# He won't stop eating



## ShakeQPC (Jun 26, 2010)

Hiya, have a new cockatiel, around 11 weeks old, only had him a week and he is living in his food bowl.... He is constantly eating his seed and devours any veges I give him at night. I am assuming a growing baby needs to eat... but am still a little concerned.


----------



## tielfan (Aug 31, 2008)

It's normal for birds to eat off and on all day long, but if he NEVER stops eating there may be a problem.


----------



## ShakeQPC (Jun 26, 2010)

Yea, he NEVER stops eating, do I remove food and only give it to him at certain times of day, maybe just have small amounts in the cage all the time???


----------



## Siobhan (Mar 21, 2010)

If you've only had him a week, he might just not be used to having food available all the time.
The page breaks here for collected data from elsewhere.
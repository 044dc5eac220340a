-- ===== src/Sessions/Launches.antt =====
-- The check of a launch, the removal of launches and the cancellation of one.
use playbook_harness.Base.{
  ℕ, suc, Bool, true, false, not, ◌&&◌, ◌||◌, Option, none, some, [], ◌∷◌, ◌==◌, if◌then◌else◌,
  Result, ok, err, ◌>>=◌, leb, ltb, length,
}
use playbook_harness.Text.{Text, text_eq}
use playbook_harness.Identity.{SessionKey}
use playbook_harness.Lanes.{
  LaneError, bad_timestamp, bad_provider, bad_path, bad_launch, bad_token, path_disagrees,
  body_disagrees, resume_in_progress,
}
use playbook_harness.Lanes.Validate.{
  Check, require, validate_managed_name, validate_body_id, is_absolute, session_key, canonical,
}
use playbook_harness.Lanes.Transition.{is_text, is_unbound}
use playbook_harness.Sessions.{
  Operation, new, resume, LaunchState, reserved, claimed, Launch, Launches,
}
use playbook_harness.Sessions.Directory.{lookup, unlink}

-- When `_parse_timestamp` accepts, the instant.
abbrev pub Clock : Type 0
Clock = Text → Option ℕ

abbrev pub is_instant : Option ℕ → Bool
is_instant none = false
is_instant (some t) = true

abbrev pub is_timestamp : Clock → Text → Bool
is_timestamp clock t = is_instant (clock t)

abbrev pub contains_null : Text → Bool
contains_null [] = false
contains_null (c ∷ t) = c == 0 || contains_null t

-- The test of `_launch_path`.
abbrev pub validate_token : Text → Check
validate_token token = require (leb 16 (length token) && not (contains_null token)) bad_token

-- `SessionKey.from_values`, of members that may be null.
abbrev pub key_of_members : Option Text → Option Text → Result LaneError SessionKey
key_of_members none id = err bad_provider
key_of_members (some p) id = session_key p id

abbrev pub valid_key : Result LaneError SessionKey → Check
valid_key (err e) = err e
valid_key (ok key) = ok tt

abbrev pub validate_expected : Operation → Option Text → Option Text → Check
validate_expected new provider id = require (is_unbound provider id) bad_launch
validate_expected resume provider id = valid_key (key_of_members provider id)

abbrev pub validate_claimed : LaunchState → Option Text → Option Text → Check
validate_claimed reserved provider id = require (is_unbound provider id) bad_launch
validate_claimed claimed provider id = valid_key (key_of_members provider id)

-- `_validate_launch`
unfoldable pub validate_launch : Clock → Launch → Check
validate_launch clock l = do
  p ← canonical l.provider
  a ← require (text_eq p l.provider) bad_provider
  b ← validate_managed_name l.name
  c ← validate_body_id l.body_id
  d ← require (is_absolute l.project && is_absolute l.agent_dir && is_absolute l.cwd) bad_path
  e ← validate_expected l.operation l.expected_provider l.expected_session_id
  f ← validate_claimed l.state l.claimed_provider l.claimed_session_id
  g ← require (is_timestamp clock l.created_at) bad_timestamp
  require (is_timestamp clock l.expires_at) bad_timestamp

abbrev pub passes : Check → Bool
passes (ok u) = true
passes (err e) = false

abbrev pub instant_before : Option ℕ → ℕ → Bool
instant_before none t = false
instant_before (some e) t = ltb e t

-- A launch that can be read and has expired.
abbrev pub is_expired : Clock → ℕ → Launch → Bool
is_expired clock t l = passes (validate_launch clock l) && instant_before (clock l.expires_at) t

-- `_remove_expired_launches`
unfoldable pub remove_expired : Clock → ℕ → Launches → Launches
remove_expired clock t [] = []
remove_expired clock t ((k, l) ∷ files) =
    let rest = remove_expired clock t files in if is_expired clock t l then rest else (k, l) ∷ rest

abbrev pub is_reserved : LaunchState → Bool
is_reserved reserved = true
is_reserved claimed = false

-- A launch of a body that no provider has claimed.
abbrev pub is_revoked : Clock → Text → Launch → Bool
is_revoked clock body l =
    passes (validate_launch clock l) && (text_eq l.body_id body && is_reserved l.state)

-- `_revoke_unclaimed_launches_locked`: the number removed, and the files left.
unfoldable pub revoke : Clock → Text → Launches → ℕ × Launches
revoke clock body [] = (0, [])
revoke clock body ((k, l) ∷ files) =
    let (removed, rest) = revoke clock body files in
    if is_revoked clock body l then (suc removed, rest) else (removed, (k, l) ∷ rest)

abbrev revoke_safe : Clock → Text → Launches → Check → Result LaneError ℕ × Launches
revoke_safe clock body files (err e) = (err e, files)
revoke_safe clock body files (ok u) = let (n, rest) = revoke clock body files in (ok n, rest)

-- `revoke_unclaimed_launches`
unfoldable pub revoke_unclaimed_launches : Clock → Text → Launches → Result LaneError ℕ × Launches
revoke_unclaimed_launches clock body files = revoke_safe clock body files (validate_body_id body)

abbrev pub is_key : Option Text → Option Text → SessionKey → Bool
is_key provider id key = is_text provider key.provider && is_text id key.session_id

abbrev pub is_resume : Operation → Bool
is_resume resume = true
is_resume new = false

-- The loop of `assert_no_active_managed_resume`.
unfoldable pub no_active_resume : Clock → SessionKey → Launches → Check
no_active_resume clock key [] = ok tt
no_active_resume clock key ((k, l) ∷ files) = do
  valid ← validate_launch clock l
  a ←
      require (not (is_resume l.operation && is_key l.expected_provider l.expected_session_id key))
        resume_in_progress
  no_active_resume clock key files

-- The call of it, at an instant if the clock gives one.
abbrev pub assert_inactive : Clock → SessionKey → Launches → Option ℕ → Check × Launches
assert_inactive clock key files none = (err bad_timestamp, files)
assert_inactive clock key files (some t) =
    let left = remove_expired clock t files in (no_active_resume clock key left, left)

-- `assert_no_active_managed_resume`
unfoldable pub assert_no_active_managed_resume :
    Clock → SessionKey → Text → Launches → Check × Launches
assert_no_active_managed_resume clock key now files = assert_inactive clock key files (clock now)

-- `ManagedLaunchReservation`; `path` is the name of the file.
pub record ManagedLaunchReservation : Type 0 where
  pub token : Text
  pub body_id : Text
  pub path : Text
  pub provider : Text
  pub name : Option Text

-- Whether the launch may be released.
abbrev pub releasable : Bool → LaunchState → Bool
releasable body_stopped reserved = true
releasable body_stopped claimed = body_stopped

abbrev pub release :
    Text → Launch → Text → Bool → Launches → Check → Result LaneError Bool × Launches
release path l body body_stopped files (err e) = (err e, files)
release path l body body_stopped files (ok u) =
    if not (text_eq l.body_id body)
    then (err body_disagrees, files)
    else if releasable body_stopped l.state
    then (ok true, unlink path files)
    else (ok false, files)

abbrev pub cancel_found :
    Clock → Text → Text → Bool → Launches → Option Launch → Result LaneError Bool × Launches
cancel_found clock path body body_stopped files none = (ok false, files)
cancel_found clock path body body_stopped files (some l) =
    release path l body body_stopped files (validate_launch clock l)

abbrev pub cancel_checked :
    Clock → ManagedLaunchReservation → Bool → Launches → Check → Result LaneError Bool × Launches
cancel_checked clock r body_stopped files (err e) = (err e, files)
cancel_checked clock r body_stopped files (ok u) =
    cancel_found clock r.path r.body_id body_stopped files (lookup r.path files)

-- `cancel_managed_launch`
unfoldable pub cancel_managed_launch :
    Clock
    → (Text → Text)
    → ManagedLaunchReservation
    → Bool
    → Launches
    → Result LaneError Bool × Launches
cancel_managed_launch clock digest r body_stopped files =
    cancel_checked clock r body_stopped files
      (do a ← validate_token r.token; require (text_eq (digest r.token) r.path) path_disagrees)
Freddie ate like a piggy the first several days and I was a little worried the breeder hadn't fed him enough, but he finally settled into a more normal routine. He still eats a lot more often than the other birds, but he doesn't just live in his food bowl anymore. Wait another few days and if his behavior and poop are both normal, then he's probably just adjusting. If it goes on longer than that, you might want to have a vet check him out just in case.


----------



## ShakeQPC (Jun 26, 2010)

Hey thanks. Yea, just moved him into a much bigger cage, he was in my old budgie cage, and that was WAY to small for him. Now he can move around with his tail getting stuck so he is happy to move away from the food bowl. So I think a) he was unable to easily move elsewhere b) he was adjusting and c) he was bored and eating was the only thing to do. No he is SSOOOO happy in the big cage and was hardly eating at all. TO MUCH ELSE TO DO! So proud of him.


----------